Power of 2: How to Make the Most of Your Partnerships at Work and in Life
- Author: Rodd Wagner & Gale Muller, Ph.D
- Language: English
- Subject: Partnerships, collaboration, human nature
- Genre: Nonfiction
- Publisher: Gallup Press
- Publication date: November 2009
- Publication place: United States
- Media type: Print, Hardcover
- Pages: 243
- ISBN: 978-1-59562-029-3

= Power of 2 (book) =

Power of 2 is a book written by bestselling author Rodd Wagner and Gallup World Poll leader Dr. Gale Muller. It describes the authors’ five years of research on collaboration and partnerships. The book is a mixture of advice to the reader, stories of prominent partnerships, and discoveries from various disciplines such as primatology, neuroscience, game theory, and behavioral economics.

==Content==
Power of 2 is organized into eight main chapters, each detailing one of the elements of partnership identified by the authors’ research.
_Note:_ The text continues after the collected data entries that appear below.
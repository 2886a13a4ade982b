-- ===== src/Tests/Radio.antt =====
-- A radio chip that hears a packet after a tenth of a second, and one that hears nothing.
use libtta.Base.{
  ltb, ℕ, ◌+◌, ◌/◌, ◌%◌, ◌≡◌, true, ◌==◌, if◌then◌else◌, List, [], ◌∷◌, length, replicate,
  length-replicate, arith,
}
use libtta.Base.Run.{fault}
use libtta.Context.{State}
use libtta.Syscall.{done}
use libtta.Link.{System, slept}
use libtta.Core.Api
use libtta.Core.Engine.{receive_pkt}
use libtta.Cc1120.Registers.{marcstate}
use libtta.Cc1120.Access.{Spi}
use libtta.Rf.Radio.{Rf}
use libtta.Rf.Packet.Laws.{frame}
use libtta.Rf.Transfer
use libtta.Rf.Transfer.Arrival.{held}
use libtta.Rf.Device
use libtta.Rf.Device.Overread.{with_fifo, rf_receive-fault}
use libtta.Tests.Fixture.{calm_system, chip, radio, context, with_data}

abbrev packet : List ℕ
packet = frame 1 2 3 4 1 2 3 (10 ∷ 20 ∷ [])

-- The packet has a good checksum: bit 7 of its last byte is set.
abbrev hearing : Spi (List ℕ)
hearing = record chip {
  read = λ fd addr n w. ((if addr == marcstate then 0x41 else length w) ∷ [], w);
  usleep = λ n w. held packet 200 128;
}

-- The world is the time in microseconds.
abbrev silent : Spi ℕ
silent = record {
  open_device = λ path w. (done 3, w);
  hw_reset = λ fd w. w;
  strobe = λ fd cmd w. (0 ∷ [], w);
  read = λ fd addr n w. ((if addr == marcstate then 0x41 else 0) ∷ [], w);
  write = λ fd addr n buf w. w;
  fifo_read = λ fd n w. (replicate 256 0, w);
  fifo_write = λ fd n buf w. w;
  fifo_dread = λ fd addr n w. ([], w);
  fifo_dwrite = λ fd addr n buf w. w;
  usleep = λ n w. w + n;
  gettimeofday = λ w. (record { tv_sec = w / 1000000; tv_usec = w % 1000000 }, w);
}

-- A chip that receives until 0.15 seconds, and then holds a byte, its length, and two of status.
abbrev receiving : Spi ℕ
receiving = record silent {
  read = λ fd addr n w.
      let busy = ltb w 150000 in
      (
        (if addr == marcstate then (if busy then 13 else 65) else (if busy then 1 else 4)) ∷ [],
        if addr == marcstate then w + 50000 else w,
      );
  fifo_read = λ fd n w. (1 ∷ 9 ∷ 0 ∷ 0x80 ∷ replicate 252 0, w);
}

abbrev timed : System ℕ
timed = record { nanosleep = λ sec nsec w. (slept, w); malloc = λ n. replicate n 0 }

abbrev early : State Rf ℕ
early = record {
  ctx = context;
  backend_data = radio;
  errno = (with_data radio []).errno;
  world = 0;
}

abbrev zeros : List ℕ
zeros = replicate 120 0

-- The length byte says 200.
rf_receive-fault_example :
    receive_pkt calm_system 1
      (Device.link chip calm_system 1)
      260
      true
      (with_fifo chip calm_system 1 (1 ∷ 2 ∷ 3 ∷ 4 ∷ 1 ∷ 2 ∷ 3 ∷ 200 ∷ zeros) (with_data radio []))
    ≡ fault
rf_receive-fault_example =
    rf_receive-fault chip calm_system 1 1 2 3 4 1 2 3 200 zeros true (with_data radio [])
      (length-replicate {A = ℕ} 120 0) (omega arith) (omega arith)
The eight elements are complementary strengths, a common mission, fairness, trust, acceptance, forgiveness, communicating, and unselfishness.

These elements are illustrated through short stories about famous partnerships such as those between Karl Malone and John Stockton, Bill Hewlett and David Packard, John Adams and Thomas Jefferson, and James Watson and Francis Crick.

Power of 2 is one of several books – along with bestsellers Now, Discover Your Strengths and StrengthsFinder 2.0 – based on Gallup’s evidence that people flourish best when using their inherent talents. After summarizing studies indicating people generally overestimate their abilities where they are weak and underestimate them when they are strong, the authors advise: “So admit it: You stink at some things. You have blind spots, weaknesses, areas in which others seem to perform effortlessly while you struggle just to be average. You are also overly modest about your strengths. What seems to be no big deal to you is difficult for others. Your strengths are stronger and your weaknesses weaker than you realize. You need help. You are also precisely the help someone else needs.” This incompleteness of the individual, they argue, is one of the primary reasons for partnerships.

The trust chapter of the book makes use of the numerous studies of the prisoner’s dilemma (what Wagner and Muller prefer to call “the partner’s dilemma”). Although the classic form of the famous trust game gives more incentives to defect than to cooperate, Power of 2 derives lessons from Robert Axelrod’s computer tournaments showing that the optimal strategy is to start friendly, then reciprocate what the other person does. A wise collaborator is simultaneously eager to cooperate, but willing to stand up for himself, they conclude.

The chapter on unselfishness tells the story of the partnership between John Lennon and Paul McCartney, Daniel Kahneman and Amos Tversky, two of the fathers of behavioral economics and highly successful collaborators themselves until Tversky's untimely death from skin cancer.

Power of 2 includes two supplemental chapters for managers and business leaders. Managers who are perceived as being more “partner” than “boss” have substantially more engaged workgroups, according to the book. The authors caution executives that many companies that claim to want collaboration between groups in fact create incentives for two groups to compete with each other.